▶ WHAT IS BEING ASKED: Give back exactly the lines from the one that includes "rename_run c' (rw" to the last line below, both included, and no further lines.

Dataset entries
····················

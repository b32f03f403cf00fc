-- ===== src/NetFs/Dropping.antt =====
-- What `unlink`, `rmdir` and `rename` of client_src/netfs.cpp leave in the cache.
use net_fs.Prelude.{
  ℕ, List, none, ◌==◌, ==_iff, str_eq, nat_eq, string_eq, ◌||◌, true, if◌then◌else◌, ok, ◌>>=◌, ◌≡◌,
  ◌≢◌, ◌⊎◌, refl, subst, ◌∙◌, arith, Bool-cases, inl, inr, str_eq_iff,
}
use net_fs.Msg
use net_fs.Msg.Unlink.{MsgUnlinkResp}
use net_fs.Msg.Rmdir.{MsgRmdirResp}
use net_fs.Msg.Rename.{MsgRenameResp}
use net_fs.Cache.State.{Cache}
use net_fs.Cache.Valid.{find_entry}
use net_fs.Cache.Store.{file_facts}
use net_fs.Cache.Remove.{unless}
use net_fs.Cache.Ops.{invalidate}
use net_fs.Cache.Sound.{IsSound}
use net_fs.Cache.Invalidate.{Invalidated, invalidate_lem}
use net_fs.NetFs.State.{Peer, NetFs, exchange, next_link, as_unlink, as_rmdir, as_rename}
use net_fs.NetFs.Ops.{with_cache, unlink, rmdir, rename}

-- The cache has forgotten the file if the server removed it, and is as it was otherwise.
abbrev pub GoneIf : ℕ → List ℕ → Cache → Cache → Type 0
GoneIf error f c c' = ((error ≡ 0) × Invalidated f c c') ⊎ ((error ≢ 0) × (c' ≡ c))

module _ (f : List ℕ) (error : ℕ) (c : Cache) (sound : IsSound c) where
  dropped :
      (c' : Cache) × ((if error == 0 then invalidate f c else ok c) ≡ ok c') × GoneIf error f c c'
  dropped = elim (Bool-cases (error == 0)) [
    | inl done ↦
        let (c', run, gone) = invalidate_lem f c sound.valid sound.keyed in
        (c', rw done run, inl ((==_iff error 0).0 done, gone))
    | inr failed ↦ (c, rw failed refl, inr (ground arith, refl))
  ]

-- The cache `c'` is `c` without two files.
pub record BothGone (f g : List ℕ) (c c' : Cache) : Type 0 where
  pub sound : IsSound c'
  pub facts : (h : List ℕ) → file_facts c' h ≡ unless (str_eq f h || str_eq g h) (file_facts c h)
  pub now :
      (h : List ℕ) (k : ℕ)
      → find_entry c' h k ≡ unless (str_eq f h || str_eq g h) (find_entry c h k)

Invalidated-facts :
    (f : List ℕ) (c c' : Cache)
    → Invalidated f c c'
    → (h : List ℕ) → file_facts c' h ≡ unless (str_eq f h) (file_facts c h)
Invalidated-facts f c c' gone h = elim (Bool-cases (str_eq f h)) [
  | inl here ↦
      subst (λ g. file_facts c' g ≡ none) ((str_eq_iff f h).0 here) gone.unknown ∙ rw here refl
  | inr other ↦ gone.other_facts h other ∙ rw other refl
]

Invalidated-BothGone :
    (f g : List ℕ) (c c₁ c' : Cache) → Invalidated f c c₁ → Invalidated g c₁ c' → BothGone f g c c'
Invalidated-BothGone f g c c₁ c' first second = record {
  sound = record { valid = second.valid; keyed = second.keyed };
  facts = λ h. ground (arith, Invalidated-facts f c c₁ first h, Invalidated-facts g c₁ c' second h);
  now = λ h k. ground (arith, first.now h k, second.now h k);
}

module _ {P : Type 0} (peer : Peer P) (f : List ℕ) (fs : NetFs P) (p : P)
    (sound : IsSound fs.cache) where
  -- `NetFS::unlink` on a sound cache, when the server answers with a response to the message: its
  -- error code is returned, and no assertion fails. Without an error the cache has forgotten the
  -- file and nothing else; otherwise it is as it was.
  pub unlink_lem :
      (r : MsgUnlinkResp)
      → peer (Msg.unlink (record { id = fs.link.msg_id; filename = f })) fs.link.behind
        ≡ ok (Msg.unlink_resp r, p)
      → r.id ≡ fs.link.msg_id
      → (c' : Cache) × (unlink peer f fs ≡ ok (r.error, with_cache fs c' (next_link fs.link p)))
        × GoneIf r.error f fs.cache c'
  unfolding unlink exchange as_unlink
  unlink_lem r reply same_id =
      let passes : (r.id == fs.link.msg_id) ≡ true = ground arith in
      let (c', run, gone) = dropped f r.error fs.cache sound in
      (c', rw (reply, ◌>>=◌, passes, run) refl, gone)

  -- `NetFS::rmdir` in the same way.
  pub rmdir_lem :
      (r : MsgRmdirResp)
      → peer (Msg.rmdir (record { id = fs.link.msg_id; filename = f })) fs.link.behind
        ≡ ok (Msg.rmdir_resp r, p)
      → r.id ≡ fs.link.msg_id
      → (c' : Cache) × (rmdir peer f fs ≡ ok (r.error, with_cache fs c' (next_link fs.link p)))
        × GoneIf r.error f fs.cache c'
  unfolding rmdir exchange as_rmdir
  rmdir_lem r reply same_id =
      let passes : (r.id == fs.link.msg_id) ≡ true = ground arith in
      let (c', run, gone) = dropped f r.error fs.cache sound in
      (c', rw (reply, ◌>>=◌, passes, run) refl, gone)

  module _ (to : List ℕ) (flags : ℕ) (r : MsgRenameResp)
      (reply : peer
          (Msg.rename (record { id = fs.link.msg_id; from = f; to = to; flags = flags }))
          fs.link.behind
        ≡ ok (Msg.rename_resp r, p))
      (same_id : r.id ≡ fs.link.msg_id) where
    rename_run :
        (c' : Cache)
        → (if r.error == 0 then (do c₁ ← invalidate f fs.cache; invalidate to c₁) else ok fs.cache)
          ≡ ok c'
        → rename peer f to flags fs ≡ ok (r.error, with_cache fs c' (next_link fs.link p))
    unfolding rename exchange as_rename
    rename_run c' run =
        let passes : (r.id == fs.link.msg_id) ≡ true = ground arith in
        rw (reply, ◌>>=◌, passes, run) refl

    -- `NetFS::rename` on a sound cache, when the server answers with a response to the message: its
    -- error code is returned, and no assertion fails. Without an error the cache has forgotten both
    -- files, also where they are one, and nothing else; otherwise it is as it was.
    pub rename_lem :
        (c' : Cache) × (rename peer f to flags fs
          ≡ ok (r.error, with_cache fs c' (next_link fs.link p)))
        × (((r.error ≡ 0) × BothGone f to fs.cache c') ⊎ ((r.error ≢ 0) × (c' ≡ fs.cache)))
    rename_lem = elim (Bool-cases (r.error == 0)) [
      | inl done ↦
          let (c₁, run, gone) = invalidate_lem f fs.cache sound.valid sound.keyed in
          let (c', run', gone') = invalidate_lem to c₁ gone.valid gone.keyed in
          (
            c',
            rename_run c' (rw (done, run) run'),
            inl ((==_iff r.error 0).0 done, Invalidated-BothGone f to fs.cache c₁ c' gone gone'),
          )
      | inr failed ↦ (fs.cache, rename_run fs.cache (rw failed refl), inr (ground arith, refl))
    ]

····················

▶ THE ANSWER:
            rename_run c' (rw (done, run) run'),
            inl ((==_iff r.error 0).0 done, Invalidated-BothGone f to fs.cache c₁ c' gone gone'),
          )
      | inr failed ↦ (fs.cache, rename_run fs.cache (rw failed refl), inr (ground arith, refl))
    ]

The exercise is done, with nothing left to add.